I got a copy of the article, but it is very disappointing. All I wanted was a frequency table, hopefully divided by regions, but there isn't even one with the total of the 1200 samples. Fortunately there is a list of individuals number sorted by haplogroups, so I can get calculate the frequencies myself. As if it wasn't inconvenient enough, they didn't care to mention the SNP's next to the subclade denomination. I'll have to check in the Supplementary Materials.
Haplogroups |
Number of samples |
Percentage |
A1b1b2b |
6 |
0.5% |
E1a1 |
6 |
0.5% |
E1b1b1a1 |
32 |
2.6% |
E1b1b1b1 |
70 |
5.8% |
E1b1b1b2 |
24 |
2% |
F3 |
7 |
0.6% |
G2a2b |
40 |
3.3% |
G2a3 |
91 |
7.6% |
I1a3a2 |
2 |
0.16% |
I2a1a |
465 |
38.75% |
I2a1b |
2 |
0.16% |
I2a2a |
10 |
0.8% |
I2c |
10 |
0.8% |
J1c |
63 |
5.25% |
J2a |
74 |
6.1% |
J2b |
23 |
2% |
L |
7 |
0.6% |
T |
27 |
2.25% |
Q1a3c |
1 |
0.01% |
R1a1a1 |
15 |
1.25% |
R1b1a2 |
185 |
15.4% |
R1b1c |
29 |
2.4% |
R2a1 |
10 |
0.8% |
Too bad those figures are useless for my purposes. They don't mention the subclades of R1a1a or R1b1a2. There is the subclade of I1 but it was already available in the free chart. Actually, even after checking the supplementary materials I am still not sure what SNP defines their I1a3a2, which isn't listed by ISOGG. It might be a new subclade of I1a3a (L1237).
---
UPDATE: I checked the SNP list in the supplementary data and found a dozen
R1b-U152. The SNP's matching known subclades are
L20 under L2,
Z56, and
Z144 under Z56, so these could be the Roman ones I was looking for. Of course it's always possible that all Italic and Alpine Celtic people possessed all subclades of U152, in which case my quest is a deadend. Anyway most of the U152 in Sardinia is U152*.

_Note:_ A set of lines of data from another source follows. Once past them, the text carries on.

-- ===== src/Asl/Waiting.antt =====
-- The processes that wait for a semaphore: the queue of its descriptor in an ASL.
use pandos.Prelude.{
  ◌≡◌, refl, sym, ap, ◌∙◌, ◌≢◌, List, [], ◌∷◌, arith, ◌==◌, if◌then◌else◌, Bool-cases, inl, inr,
  ◌∈◌, ◌∉◌, has, has-append, ==_refl, ==_iff, mem_cons,
}
use pandos.Types.{Ptr, null}
use pandos.Pcb.{Store}
use pandos.Pcb.Access.{ne_of_test}
use pandos.Pcb.Ring.{IsProcQ, none_queued, ring, Chain-frame}
use pandos.Pcb.Queue.{Requeues}
use pandos.Asl.{Asl}
use pandos.Asl.Search.{lookup}
use pandos.Asl.Activate.{IsAsl}

-- The tail pointer of the queue of a semaphore, NULL for one without a descriptor.
abbrev pub queue_of : Asl → List Ptr → Ptr → Ptr
queue_of a ds s =
    if lookup a.s_sem_add s ds == null then null else a.s_proc_q (lookup a.s_sem_add s ds)

-- The processes `xs` wait for the semaphore `s`.
abbrev pub Waits : Asl → List Ptr → Ptr → List Ptr → Type 0
Waits a ds s xs = IsProcQ a.pcbs (queue_of a ds s) xs

-- A queue is not touched by a change in the links of other pcbs.
pub Requeues-IsProcQ :
    {xs : List Ptr} {h g : Store} {t : Ptr} {ys : List Ptr}
    → Requeues xs h g
    → ((b : Ptr) → b ∈ ys → b ∉ xs)
    → IsProcQ h t ys
    → IsProcQ g t ys
Requeues-IsProcQ r out none_queued = none_queued
Requeues-IsProcQ {h} {g} r out (ring {t} zs e d nn c) = ring zs e d nn (
    Chain-frame h g t zs t
      (λ b i. r.nexts b (out b (ground (arith, ap (has b) e, has-append b zs (t ∷ [])))))
      (λ b i. r.prevs b (out b (ap (has b) e ∙ i))) c)

pub lookup-key :
    (key : Ptr → Ptr) (s : Ptr) (ds : List Ptr) → lookup key s ds ≢ null → key (lookup key s ds) ≡ s
lookup-key key s [] n = absurd (n refl)
lookup-key key s (d ∷ ds) n = elim (Bool-cases (key d == s)) [
  | inl e ↦ rw e ((==_iff (key d) s).0 e)
  | inr e ↦ rw e (lookup-key key s ds (rw e at n))
]

pub lookup-mem :
    (key : Ptr → Ptr) (s : Ptr) (ds : List Ptr) → lookup key s ds ≢ null → lookup key s ds ∈ ds
lookup-mem key s [] n = absurd (n refl)
lookup-mem key s (d ∷ ds) n = elim (Bool-cases (key d == s)) [
  | inl e ↦ let h : lookup key s (d ∷ ds) ≡ d = rw e in ap (λ c. has c (d ∷ ds)) h ∙ rw ==_refl
  | inr e ↦
      let h : lookup key s (d ∷ ds) ≡ lookup key s ds = rw e in
      ap (λ c. has c (d ∷ ds)) h ∙ mem_cons d (lookup key s ds) ds (lookup-mem key s ds (rw e at n))
]

pub IsAsl-lists :
    {a : Asl} {ds fs : List Ptr} (q : Ptr → Ptr) (h : Store)
    → IsAsl a ds fs
    → IsAsl (record a { s_proc_q = q; pcbs = h }) ds fs
IsAsl-lists q h v = record {
  active = record {
    head = v.active.head;
    chain = v.active.chain;
    sorted = v.active.sorted;
    short = v.active.short;
  };
  distinct = v.distinct;
  free = v.free;
  distinct_free = v.distinct_free;
  apart = v.apart;
  total = v.total;
}

-- Another semaphore has another descriptor, or none.
pub other_queue :
    (a b : Asl) (es : List Ptr) (s t : Ptr)
    → b.s_sem_add ≡ a.s_sem_add
    → ((c : Ptr) → c ≢ lookup a.s_sem_add s es → b.s_proc_q c ≡ a.s_proc_q c)
    → lookup a.s_sem_add s es ≢ null
    → t ≢ s
    → queue_of b es t ≡ queue_of a es t
other_queue a b es s t keys same nd ne =
    rw keys (elim (Bool-cases (lookup a.s_sem_add t es == null)) [
      | inl e ↦ rw e
      | inr e ↦
          let kt = lookup-key a.s_sem_add t es (ne_of_test e) in
          let ks = lookup-key a.s_sem_add s es nd in
          rw e (same (lookup a.s_sem_add t es) λ x. ne (sym kt ∙ ap a.s_sem_add x ∙ ks))
    ])
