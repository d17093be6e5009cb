-- ===== src/Asl/Block.antt =====
-- `insertBlocked`: the queues of the semaphores.
use pandos.Prelude.{
  ◌<◌, ◌≡◌, refl, sym, ap, ◌∙◌, ◌≢◌, Bool, true, false, List, [], ◌∷◌, ◌++◌, arith, ◌==◌,
  if◌then◌else◌, length, Bool-cases, inl, inr, ◌⊎◌, ◌∈◌, ◌∉◌, ==_refl, ==_iff, ne_of_mem,
}
use mathlib.Core.Path.{subst}
use pandos.Types.{Ptr, null}
use pandos.Run.{pure, ◌>>=◌, Returns, returns, Returns-ok, Returns-mono}
use pandos.Pcb.{Store, upd}
use pandos.Pcb.Access.{ne_test, ne_of_test, upd_self, upd-ne}
use pandos.Pcb.Access
use pandos.Pcb.Ring.{IsProcQ, IsProcQ-links}
use pandos.Pcb.Queue.{insert_proc_q-append}
use pandos.Asl.{Asl, enqueue, activate, insert_blocked}
use pandos.Asl.Search.{read_ok, at_ok, lookup, find_semd-lookup}
use pandos.Asl.Place.{insert, lookup-insert}
use pandos.Asl.Activate.{
  IsAsl, activated, activate-ok, activated-IsAsl, place, f_apart, null-not-mem-FreeChain,
}
use pandos.Asl.Waiting.{queue_of, Waits, Requeues-IsProcQ, lookup-mem, IsAsl-lists, other_queue}

-- The process `p` has joined the queue of the descriptor `d`.
record Enqueued (a : Asl) (d s p : Ptr) (xs : List Ptr) (full : Bool) (b : Asl) : Type 0 where
  blocked : full ≡ false
  lists : b ≡ record a { s_proc_q = b.s_proc_q; pcbs = b.pcbs }
  queue : IsProcQ b.pcbs (b.s_proc_q d) (xs ++ (p ∷ []))
  others : (c : Ptr) → c ≢ d → b.s_proc_q c ≡ a.s_proc_q c
  spared :
      (t : Ptr) (ys : List Ptr)
      → ((x : Ptr) → x ∈ ys → x ∉ (p ∷ xs))
      → IsProcQ a.pcbs t ys
      → IsProcQ b.pcbs t ys
  nexts : (x : Ptr) → x ∉ (p ∷ xs) → b.pcbs.p_next x ≡ a.pcbs.p_next x
  rest : b.pcbs ≡ record (a.pcbs) {
    p_next = b.pcbs.p_next;
    p_prev = b.pcbs.p_prev;
    p_sem_add = upd a.pcbs.p_sem_add p s;
  }

enqueue-Enqueued :
    {a : Asl} {d : Ptr} {xs : List Ptr} (s p : Ptr)
    → d ≢ null
    → p ≢ null
    → p ∉ xs
    → IsProcQ a.pcbs (a.s_proc_q d) xs
    → Returns (Enqueued a d s p xs) (enqueue d s p a)
unfolding enqueue
enqueue-Enqueued {a} {d} {xs} s p nd np o q =
    let (t, g, inserted, m) = Returns-ok (insert_proc_q-append p q np o) in
    let h : Store = record g { p_sem_add = upd g.p_sem_add p s } in
    rw (read_ok nd, inserted, at_ok nd, Access.at-ok np)
      (returns (record {
        blocked = refl;
        lists = refl;
        queue = rw (upd_self a.s_proc_q d t) (IsProcQ-links h refl refl m.1);
        others = λ c ne. upd-ne a.s_proc_q t ne;
        spared = λ u ys out w. IsProcQ-links h refl refl (Requeues-IsProcQ m.2 out w);
        nexts = m.2.nexts;
        rest =
            ap
              (λ (f : Store). record f {
                p_next = h.p_next;
                p_prev = h.p_prev;
                p_sem_add = upd f.p_sem_add p s;
              })
              m.2.rest;
      }))

-- The process `p` waits for `s`, last in the queue, and the other queues are as they were.
pub record Blocks (a : Asl) (ds : List Ptr) (s p : Ptr) (xs : List Ptr) (full : Bool) (g : Asl)
    : Type 0 where
  pub blocked : full ≡ false
  pub active : List Ptr
  pub free : List Ptr
  pub asl : IsAsl g active free
  pub queue : Waits g active s (xs ++ (p ∷ []))
  pub others :
      (t : Ptr) (ys : List Ptr)
      → t ≢ s
      → ((x : Ptr) → x ∈ ys → x ∉ (p ∷ xs))
      → Waits a ds t ys
      → Waits g active t ys
  pub spared :
      (t : Ptr) (ys : List Ptr)
      → ((x : Ptr) → x ∈ ys → x ∉ (p ∷ xs))
      → IsProcQ a.pcbs t ys
      → IsProcQ g.pcbs t ys
  pub states : g.pcbs.p_s ≡ a.pcbs.p_s
  pub sem : g.pcbs.p_sem_add p ≡ s
  pub nexts : (x : Ptr) → x ∉ (p ∷ xs) → g.pcbs.p_next x ≡ a.pcbs.p_next x
  pub rest : g.pcbs ≡ record (a.pcbs) {
    p_next = g.pcbs.p_next;
    p_prev = g.pcbs.p_prev;
    p_sem_add = upd a.pcbs.p_sem_add p s;
  }

enqueue-Blocks :
    {a : Asl} {ds : List Ptr} {c : Asl} {es gs : List Ptr} {xs : List Ptr} (s p : Ptr)
    → c.pcbs ≡ a.pcbs
    → IsAsl c es gs
    → lookup c.s_sem_add s es ≢ null
    → p ≢ null
    → p ∉ xs
    → IsProcQ c.pcbs (c.s_proc_q (lookup c.s_sem_add s es)) xs
    → ((t : Ptr) (ys : List Ptr) → t ≢ s → Waits a ds t ys → Waits c es t ys)
    → Returns (Blocks a ds s p xs) (enqueue (lookup c.s_sem_add s es) s p c)
enqueue-Blocks {a} {c} {es} {gs} {xs} s p same v nd np o q before =
    let placed = λ (b : Asl).
      ap
        (λ (f : Store). record f {
          p_next = b.pcbs.p_next;
          p_prev = b.pcbs.p_prev;
          p_sem_add = upd f.p_sem_add p s;
        })
        same in
    Returns-mono (enqueue-Enqueued s p nd np o q) λ full b m.
      let keys : b.s_sem_add ≡ c.s_sem_add = ap (λ (x : Asl). x.s_sem_add) m.lists in
      record {
        blocked = m.blocked;
        active = es;
        free = gs;
        asl = subst (λ x. IsAsl x es gs) (sym m.lists) (IsAsl-lists b.s_proc_q b.pcbs v);
        queue = rw (keys, ne_test nd) m.queue;
        others = λ t ys ne out w.
            rw (other_queue c b es s t keys m.others nd ne) (m.spared _ ys out (before t ys ne w));
        spared = λ t ys out w. m.spared t ys out (rw same w);
        states = ap (λ (f : Store). f.p_s) (m.rest ∙ placed b);
        sem = ap (λ (f : Store). f.p_sem_add p) (m.rest ∙ placed b) ∙ upd_self a.pcbs.p_sem_add p s;
        nexts = λ x o. m.nexts x o ∙ ap (λ (f : Store). f.p_next x) same;
        rest = m.rest ∙ placed b;
      }

module _ {a : Asl} {ds : List Ptr} {f : Ptr} {fs : List Ptr} (s : Ptr) (v : IsAsl a ds (f ∷ fs))
    (miss : lookup a.s_sem_add s ds ≡ null) where
  abbrev new_asl : Asl
  new_asl = activated a s f (place s v)

  real_descriptors : null ∉ ds
  real_descriptors = null-not-mem-FreeChain a.s_next (a.s_next a.semd_h) ds v.active.chain

  f_new : f ∉ ds
  f_new = let o = f_apart s v in ground arith

  new_lookup :
      (t : Ptr)
      → lookup new_asl.s_sem_add t (insert a.s_sem_add s f ds)
        ≡ (if s == t then f else lookup a.s_sem_add t ds)
  new_lookup t = lookup-insert a.s_sem_add s f t ds f_new miss real_descriptors

  found : lookup new_asl.s_sem_add s (insert a.s_sem_add s f ds) ≡ f
  found = new_lookup s ∙ rw ==_refl

  queue_kept : (t : Ptr) → t ≢ s → queue_of new_asl (insert a.s_sem_add s f ds) t ≡ queue_of a ds t
  queue_kept t ne =
      let st : (s == t) ≡ false = ne_test (λ e. ne (sym e)) in
      let l : lookup new_asl.s_sem_add t (insert a.s_sem_add s f ds) ≡ lookup a.s_sem_add t ds =
        new_lookup t ∙ rw st in
      rw l (elim (Bool-cases (lookup a.s_sem_add t ds == null)) [
        | inl e ↦ rw e
        | inr e ↦ rw e (
            upd-ne a.s_proc_q null
              (ne_of_mem ds (lookup-mem a.s_sem_add t ds (ne_of_test e)) f_new))
      ])

  activated-Blocks :
      {xs : List Ptr} (p : Ptr)
      → Waits a ds s xs
      → 0 < s
      → p ≢ null
      → p ∉ xs
      → Returns (Blocks a ds s p xs) (enqueue f s p new_asl)
  activated-Blocks {xs} p w lo np o =
      subst (λ d. Returns (Blocks a ds s p xs) (enqueue d s p new_asl)) found
        (enqueue-Blocks s p refl (activated-IsAsl s v lo miss) (rw found v.free.1) np o
          (rw (found, upd_self a.s_proc_q f null) (rw miss at w))
          (λ t ys ne u. rw (queue_kept t ne) u))

new-Blocks :
    {a : Asl} {ds fs xs : List Ptr} (s p : Ptr)
    → IsAsl a ds fs
    → lookup a.s_sem_add s ds ≡ null
    → Waits a ds s xs
    → 0 < s
    → p ≢ null
    → p ∉ xs
    → 0 < length fs
    → Returns
        (Blocks a ds s p xs)
        ((activate s >>= λ semd. if semd == null then pure true else enqueue semd s p) a)
new-Blocks {fs = []} s p v miss w lo np o room = absurd (omega arith)
new-Blocks {fs = f ∷ fs} s p v miss w lo np o room =
    rw (activate-ok s v, ne_test v.free.1) (activated-Blocks s v miss p w lo np o)

-- In a well-formed ASL, where the semaphore, whose address is not 0, has a descriptor or one is
-- free, `insertBlocked` puts a process that is not NULL and does not wait for the semaphore yet
-- at the end of its queue and returns FALSE. The ASL stays well-formed, and the queues of other
-- semaphores are as they were, if they share no process with this one.
pub insert_blocked-Blocks :
    {a : Asl} {ds fs xs : List Ptr} (s p : Ptr)
    → IsAsl a ds fs
    → Waits a ds s xs
    → 0 < s
    → p ≢ null
    → p ∉ xs
    → (lookup a.s_sem_add s ds ≢ null) ⊎ (0 < length fs)
    → Returns (Blocks a ds s p xs) (insert_blocked s p a)
unfolding insert_blocked
insert_blocked-Blocks {a} {ds} {fs} {xs} s p v w lo np o room =
    elim (Bool-cases (lookup a.s_sem_add s ds == null)) [
      | inl e ↦
          rw (ne_test np, find_semd-lookup s v.active, e)
            (new-Blocks s p v ((==_iff _ _).0 e) w lo np o
              (elim room [ inl n ↦ absurd (n ((==_iff _ _).0 e)) | inr n ↦ n ]))
      | inr e ↦
          rw (ne_test np, find_semd-lookup s v.active, e)
            (enqueue-Blocks s p refl v (ne_of_test e) np o (rw e at w) (λ t ys ne u. u))
    ]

Among the non-U152 R1b1a2 there are four
L23, a few
DF27 (Z195, S230 and Z216), one
L21 (DF1/L513), one
L11, and one
U106 (Z381 > Z301 > L47 > Z9). The last one is surely the Vandal R1b I was looking for. The L11 could also be Scandinavian.
Two subclades of I2a2a (M223) were identified:
L701>L699 and
L1228.
The R1a1a individuals have the following subclades Z93>Z94 (Phoenician), Z280 (Balto-Slavic ?), Z282 (European), M458>L1029 (Central European ?). No typically Germanic subclade. I wonder how the Slavic looking R1a got there. The Goths ? There are also a couple of samples of I2a1b (M423) to support that.
---
I am also surprised at the great discrepancy between this study of Sardinians and the total of the previous studies I compiled, which had nearly 1100 samples. Previous studies had 13% of G2a against 10.9% here, 8.5% of E1b against 11% here, 2.5% of J1 against 5.2% here, 9.5% of J2 against 8% here, 1% of L+T against 2.8% here, 1% of Q against 0.01% here, 1% if I1 against 0.01% here... That's quite a lot of differences for two huge studies of a relatively sparsely populated island (1.6 million inhabitants).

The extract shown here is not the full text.